Time Session Title Group
9:30 - 10:00 Welcome tea & coffee -
10:00 - 10:15 Intro to the day All
10:15 - 12:30 Masterclass cohort 2 (6x groups) Red, Yellow, Green, Orange, Blue, Purple
12:30 - 13:30 Lunchtime -
13:30 - 15:45 Masterclass cohort 3 (x6 groups) Red, Yellow, Green, Orange, Blue, Purple
15:45 - 16:00 Break -
16:00-16:30 Reflections and closing All

Wednesday 9th July

Time Session Title Group
9:30 - 10:00 Welcome tea & coffee -
10:00 - 10:15 Intro to the day All
10:15 - 12:30 Masterclass cohort 1 (6x groups) Red, Yellow, Green, Orange, Blue, Purple
12:30 - 13:30 Lunchtime -
13:30 - 14:15 Existing trainer panel All
14:15 - 15:30 Summary Activity and Endline Survey All
15:30 - 16:00 Graduation with Lucie Moore & Nick Donlevy All

6.6 Descriptive Results

The following section presents descriptive statistics for our three outcome variables at the point of randomisation, which was conducted just after baseline data collection.

6.6.1 Baseline Data

Confidence in Delivering Evaluation Training

The confidence outcome variable we use in our primary analysis is formed from the mean response of participants across two questions measuring self-reported confidence in delivering evaluation training.

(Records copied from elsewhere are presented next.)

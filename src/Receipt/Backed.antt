-- ===== src/Receipt/Backed.antt =====
-- What stands behind the receipt of an attestation.
use khipu_consensus.Prelude.{ℕ, ◌≤◌, ◌≡◌, sym, ap, ◌∙◌, true, Option, List, arith, map, length, All}
use khipu_consensus.Python.Value.{Value, Fields, nat}
use khipu_consensus.Python.Dict.{Dict}
use khipu_consensus.Python.Dict.Keys.{HasTextKeys}
use khipu_consensus.Python.Error.{ok, require, >>=-eq-ok, ok-injective}
use khipu_consensus.Python.Host.{Host}
use khipu_consensus.Verdict.{Moment}
use khipu_consensus.Tally.{ConsensusResult, canonical, valid_quorum_counts, tally}
use khipu_consensus.Tally.Backing.{IsBacker, canonical_is_backed}
use khipu_consensus.Registry.{WitnessRegistry, all, n, pubkeys}
use khipu_consensus.Registry.Keys.{IsTextKey, pubkeys-HasTextKeys}
use khipu_consensus.Verify.Decides.{nat_threshold}
use khipu_consensus.Receipt.{MultiWitnessReceipt, item_of, collect, attest}

-- What an attestation that returns went through.
pub record IsAttested (H : Host) (action_hash : Value) (reg : WitnessRegistry)
    (r : MultiWitnessReceipt) : Type 0 where
  pub result : ConsensusResult
  pub valid : valid_quorum_counts reg.threshold (nat (n reg)) ≡ true
  pub tallied :
      tally H action_hash (pubkeys reg) (map item_of r.signatures) reg.threshold (nat (n reg))
      ≡ ok result
  pub decides : r.decision ≡ result.decision
  pub counts : r.consensus_count ≡ result.consensus_count
  pub rows : r.checks ≡ result.checks

module _ (H : Host) (action_hash : Value) where
  pub attest-IsAttested :
      (reg : WitnessRegistry) (verdicts : Fields) (reason lean_sha : Value)
      (moments : Value → Moment) (r : MultiWitnessReceipt)
      → attest H action_hash reg verdicts reason lean_sha moments ≡ ok r
      → IsAttested H action_hash reg r
  unfolding attest
  attest-IsAttested reg verdicts reason lean_sha moments r h =
      let (u, valid, h1) =
        >>=-eq-ok (require (valid_quorum_counts reg.threshold (nat (n reg))) _) _ h in
      let (collected, signed, h2) =
        >>=-eq-ok (collect H action_hash verdicts reason lean_sha moments (all reg)) _ h1 in
      let (result, tallied, h3) =
        >>=-eq-ok
          (tally H action_hash (pubkeys reg) (map item_of collected) reg.threshold (nat (n reg))) _
          h2 in
      let e = ok-injective h3 in
      let same : collected ≡ r.signatures = ap (λ (x : MultiWitnessReceipt). x.signatures) e in
      let rerun : tally H action_hash (pubkeys reg) (map item_of r.signatures) reg.threshold
            (nat (n reg))
          ≡ ok result =
        ap
          (λ (c : List (Option Fields)).
            tally H action_hash (pubkeys reg) (map item_of c) reg.threshold (nat (n reg)))
          (sym same)
        ∙ tallied in
      record {
        result = result;
        valid = ground (arith, valid);
        tallied = rerun;
        decides = sym (ap (λ (x : MultiWitnessReceipt). x.decision) e);
        counts = sym (ap (λ (x : MultiWitnessReceipt). x.consensus_count) e);
        rows = sym (ap (λ (x : MultiWitnessReceipt). x.checks) e);
      }

  -- A receipt that an attestation calls canonical has at least the registry's threshold of
  -- distinct witnesses of the registry behind it, each with a genuine verdict about the action
  -- among the receipt's signatures. The names in the registry are texts.
  pub attest_is_backed :
      (reg : WitnessRegistry) (verdicts : Fields) (reason lean_sha : Value)
      (moments : Value → Moment) (r : MultiWitnessReceipt)
      → All IsTextKey (pubkeys reg)
      → attest H action_hash reg verdicts reason lean_sha moments ≡ ok r
      → r.decision ≡ canonical
      → (t : ℕ) × (reg.threshold ≡ nat t)
        × ((es : Dict Value) × HasTextKeys es
            × (t ≤ length es)
            × All (IsBacker H action_hash (pubkeys reg) (map item_of r.signatures)) es)
  attest_is_backed reg verdicts reason lean_sha moments r keys h c =
      let a = attest-IsAttested reg verdicts reason lean_sha moments r h in
      let (t, level) = nat_threshold reg.threshold (nat (n reg)) a.valid in
      (
        t,
        level,
        canonical_is_backed H action_hash (pubkeys reg) (map item_of r.signatures) t (nat (n reg))
            a.result (pubkeys-HasTextKeys reg keys) (rw (← level) a.valid) (rw (← level) a.tallied)
            (sym a.decides ∙ c),
      )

We present the distribution of this outcome variable from our baseline survey in the left-hand panel of Figure 8 below. Confidence scores were approximately normally distributed with a mean of 3 and a standard deviation of .92. While a small fraction of participants provided the maximum score across the two components of this variable, the distribution implies that ceiling effects are likely to be limited and therefore that this measure was likely to be adequately sensitive to detect upward changes in endline responses.

Size of Evaluation Network

The network size outcome variable measures how many individuals across government respondents would feel comfortable approaching for advice on evaluation. We present the distribution of this outcome variable from our baseline survey in the centre panel of Figure 8 below. The distribution of this variable was positively skewed with a mean of 7.3, a median of 5, and a standard deviation of 6.5. A small fraction of respondents provided large (though not implausible) network size values, which again indicated the potential for upward movement in endline responses.

Evaluation Knowledge

The secondary outcome variable of evaluation knowledge is calculated by taking the proportion of correct responses across a battery of 27 questions which covered a wide range of evaluation-related subjects, such as developing a Theory of Change, scoping an evaluation, and technical knowledge of process, impact and value for money (VfM) methodologies.

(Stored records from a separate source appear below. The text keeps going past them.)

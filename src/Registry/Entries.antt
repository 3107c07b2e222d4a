-- ===== src/Registry/Entries.antt =====
-- The keys of a fleet of witnesses, entry by entry.
use khipu_consensus.Prelude.{
  ◌≡◌, refl, sym, ◌∙◌, true, false, List, [], ◌∷◌, ◌++◌, append-nil, append_assoc, arith, All, map,
}
use khipu_consensus.Prelude.Texts.{is_blank}
use khipu_consensus.Python.Value.{Value, str, is_str, truthy}
use khipu_consensus.Python.Dict.{Dict, lookup, insert, has_key}
use khipu_consensus.Registry.{Witness, pubkeys_onto}
use khipu_consensus.Registry.Fleet.{IsFleet}
use khipu_consensus.Registry.Keys.{IsTextKey}
use khipu_consensus.Policy.{has_pem}

insert_new : (k v : Value) (d : Dict Value) → has_key k d ≡ false → insert k v d ≡ d ++ (k, v) ∷ []
unfolding insert lookup
insert_new k v [] h = refl
insert_new k v ((j, w) ∷ d) h = ground (arith, insert_new k v d)

pub pubkeys_onto-IsFleet :
    (d : Dict Value) (ws : List Witness)
    → IsFleet d ws
    → pubkeys_onto d ws ≡ d ++ map (λ (w : Witness). (w.organ, w.public_key_pem)) ws
unfolding pubkeys_onto
pubkeys_onto-IsFleet d [] h = sym (append-nil d)
pubkeys_onto-IsFleet d (w ∷ ws) (name, pem, fresh, h) =
    pubkeys_onto-IsFleet (insert w.organ w.public_key_pem d) ws h
    ∙ rw (insert_new w.organ w.public_key_pem d fresh) (
        append_assoc d ((w.organ, w.public_key_pem) ∷ [])
          (map (λ (w : Witness). (w.organ, w.public_key_pem)) ws))

has_pem-truthy : (v : Value) → has_pem v ≡ true → truthy v ≡ true
unfolding is_blank
has_pem-truthy (str []) h = cc
has_pem-truthy (str (c ∷ s)) h = refl
has_pem-truthy _ h = cc

pub IsFleet-keys :
    (d : Dict Value) (ws : List Witness)
    → IsFleet d ws
    → All (λ (w : Witness). truthy w.public_key_pem ≡ true) ws
      × All (λ (w : Witness). is_str w.organ ≡ true) ws
IsFleet-keys d [] h = (tt, tt)
IsFleet-keys d (w ∷ ws) (name, pem, fresh, h) =
    let (ks, ts) = IsFleet-keys (insert w.organ w.public_key_pem d) ws h in
    ((has_pem-truthy w.public_key_pem pem, ks), (ground (arith, name), ts))

pub entries-IsTextKey :
    (ws : List Witness)
    → All (λ (w : Witness). is_str w.organ ≡ true) ws
    → All IsTextKey (map (λ (w : Witness). (w.organ, w.public_key_pem)) ws)
entries-IsTextKey [] h = tt
entries-IsTextKey (w ∷ ws) (t, h) = (t, entries-IsTextKey ws h)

We present the distribution of this outcome variable from our baseline survey in the right-hand panel of Figure 8 below. Evaluation knowledge scores were approximately normally distributed with a mean of .66 and a standard deviation of .14. No participant in our baseline data had a perfect knowledge score but it was clear that, as previewed in our discussion of the Theory of change for the programme, the participants of the first stage of the Academy did (on average) have reasonably good baseline levels of evaluation knowledge. That said, there was meaningful variation across participants, and baseline knowledge was far from uniform, which indicated that there remained scope for improvement in the endline survey.

Figure 8: Distribution of outcome variables at baseline

6.6.2 Endline Data

The outcomes used in the analysis were confidence in delivering training, size of evaluation network, and evaluation knowledge. This section presents descriptive statistics of the endline variable for each outcome. 

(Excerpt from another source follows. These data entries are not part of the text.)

-- ===== src/Receipt/Live.antt =====
-- An attestation by witnesses that are able or silent.
use khipu_consensus.Prelude.{
  ℕ, ◌≤◌, ◌≡◌, refl, ap, ◌∙◌, true, false, List, [], ◌∷◌, ◌↔◌, All, any, count, map, Text, text,
}
use khipu_consensus.Python.Value.{Value, str, nat, Fields}
use khipu_consensus.Python.Dict.{member}
use khipu_consensus.Python.Error.{ok, require, value_error, >>=-gives}
use khipu_consensus.Python.Host.{Host}
use khipu_consensus.Verdict.{Moment}
use khipu_consensus.Tally.{canonical, valid_quorum_counts, tally}
use khipu_consensus.Tally.Rows.{tally_total}
use khipu_consensus.Tally.Count.{vouches, valid_count}
use khipu_consensus.Tally.Outcome.{tally-valid_count}
use khipu_consensus.Registry.{Witness, WitnessRegistry, all, n, pubkeys}
use khipu_consensus.Registry.Fleet.{IsFleet, IsFleet-AreApart}
use khipu_consensus.Registry.Keys.{pubkeys-HasTextKeys}
use khipu_consensus.Receipt.{MultiWitnessReceipt, attest, item_of}
use khipu_consensus.Registry.Entries.{pubkeys_onto-IsFleet, IsFleet-keys, entries-IsTextKey}
use khipu_consensus.Receipt.Answers.{willing, IsCorrect, collect_total, All2-HasHash, count_willing}

none_said :
    (H : Host) (a : Text) (ws : List Witness)
    → All (λ (w : Witness). any (vouches H (str a) (w.organ, w.public_key_pem)) [] ≡ false) ws
none_said H a [] = tt
none_said H a (w ∷ ws) = (refl, none_said H a ws)

module _ (H : Host) (a : Text) (reg : WitnessRegistry) (verdicts : Fields) (reason lean_sha : Value)
    (moments : Value → Moment) (t : ℕ) where
  -- Where every witness has no key or is able to sign what it is asked to say, an attestation
  -- returns, its count is the number of witnesses that can sign and are asked to allow, and it is
  -- canonical exactly if that number reaches the threshold. The quorum counts are valid, and the
  -- witnesses have distinct non-empty names and keys that are not blank. An able witness holds a
  -- private key whose signatures its published key verifies, and JSON reads its statement back.
  pub attest_is_live :
      reg.threshold ≡ nat t
      → valid_quorum_counts (nat t) (nat (n reg)) ≡ true
      → IsFleet [] (all reg)
      → All (IsCorrect H a verdicts reason lean_sha moments) (all reg)
      → (r : MultiWitnessReceipt) × (attest H (str a) reg verdicts reason lean_sha moments ≡ ok r)
        × (r.consensus_count ≡ count (willing verdicts) (all reg))
        × ((r.decision ≡ canonical) ↔ (t ≤ count (willing verdicts) (all reg)))
  unfolding attest pubkeys member
  attest_is_live level valid fleet correct =
      let (vs, collected, answers) =
        collect_total H a verdicts reason lean_sha moments (all reg) correct in
      let hashed = All2-HasHash H a verdicts reason lean_sha moments (all reg) vs answers in
      let (result, tallied) =
        tally_total H (str a) (pubkeys reg) (map item_of vs) (nat t) (nat (n reg)) hashed in
      let (keys, texts) = IsFleet-keys [] (all reg) fleet in
      let exact =
        count_willing H a verdicts reason lean_sha moments (all reg) vs [] [] answers keys texts
          (IsFleet-AreApart [] [] (all reg) (λ v h. refl) fleet) (none_said H a (all reg)) in
      let published = pubkeys_onto-IsFleet [] (all reg) fleet in
      let text_keys = pubkeys-HasTextKeys reg (rw published (entries-IsTextKey (all reg) texts)) in
      let enough : valid_count H (str a) (pubkeys reg) (map item_of vs)
          ≡ count (willing verdicts) (all reg) =
        rw published exact in
      let (counted, (to, back)) =
        tally-valid_count H (str a) (pubkeys reg) (map item_of vs) t (nat (n reg)) result text_keys
          valid tallied in
      let here : tally H (str a) (pubkeys reg) (map item_of vs) reg.threshold (nat (n reg))
          ≡ ok result =
        ap (λ z. tally H (str a) (pubkeys reg) (map item_of vs) z (nat (n reg))) level ∙ tallied in
      let accepted : valid_quorum_counts reg.threshold (nat (n reg)) ≡ true =
        ap (λ z. valid_quorum_counts z (nat (n reg))) level ∙ valid in
      let admitted : require (valid_quorum_counts reg.threshold (nat (n reg)))
            (value_error (text "quorum counts must be integers with 1 <= threshold <= n"))
          ≡ ok tt =
        rw accepted refl in
      let P = λ (r : MultiWitnessReceipt).
        (r.consensus_count ≡ count (willing verdicts) (all reg))
        × ((r.decision ≡ canonical) ↔ (t ≤ count (willing verdicts) (all reg))) in
      let (r, ran, (exactly, decides)) : (r : MultiWitnessReceipt) × (attest H (str a) reg verdicts
              reason lean_sha moments
            ≡ ok r)
          × P r =
        >>=-gives P _ _ admitted (
          >>=-gives P _ _ collected (
            >>=-gives P _ _ here (
              _,
              refl,
              (counted ∙ enough, (λ c. rw (← enough) (to c), λ le. back (rw enough le))),
            ))) in
      (r, ran, exactly, decides)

Confidence in Delivering Evaluation Training (primary outcome)

The participants in the final analysis (114 participants) had a mean endline confidence score of 3.57 on a five point scale ranging from 1 to 5 and a standard deviation of 0.85. The treatment group had a mean of 3.92, a median of 4 and a standard deviation of 0.6 whereas the control group had a smaller mean of 3.17, a median of 3 and a standard deviation of 0.91. 

Size of Evaluation Network (primary outcome)

The participants in the final analysis (114 participants) had a mean endline network of 12.33, a median of 8 and a standard deviation of 18.56. The treatment group had a mean of 16.76, a median of 10 and a standard deviation of 24.08. The control group had a mean of 7.4,  a median of 5 and a standard deviation of 6.44. The particularly large standard deviation of the treatment group is due to two participants responding with particularly large network sizes. In annex section 5.7 we demonstrate that removing these two outliers does not affect the substantive findings reported below.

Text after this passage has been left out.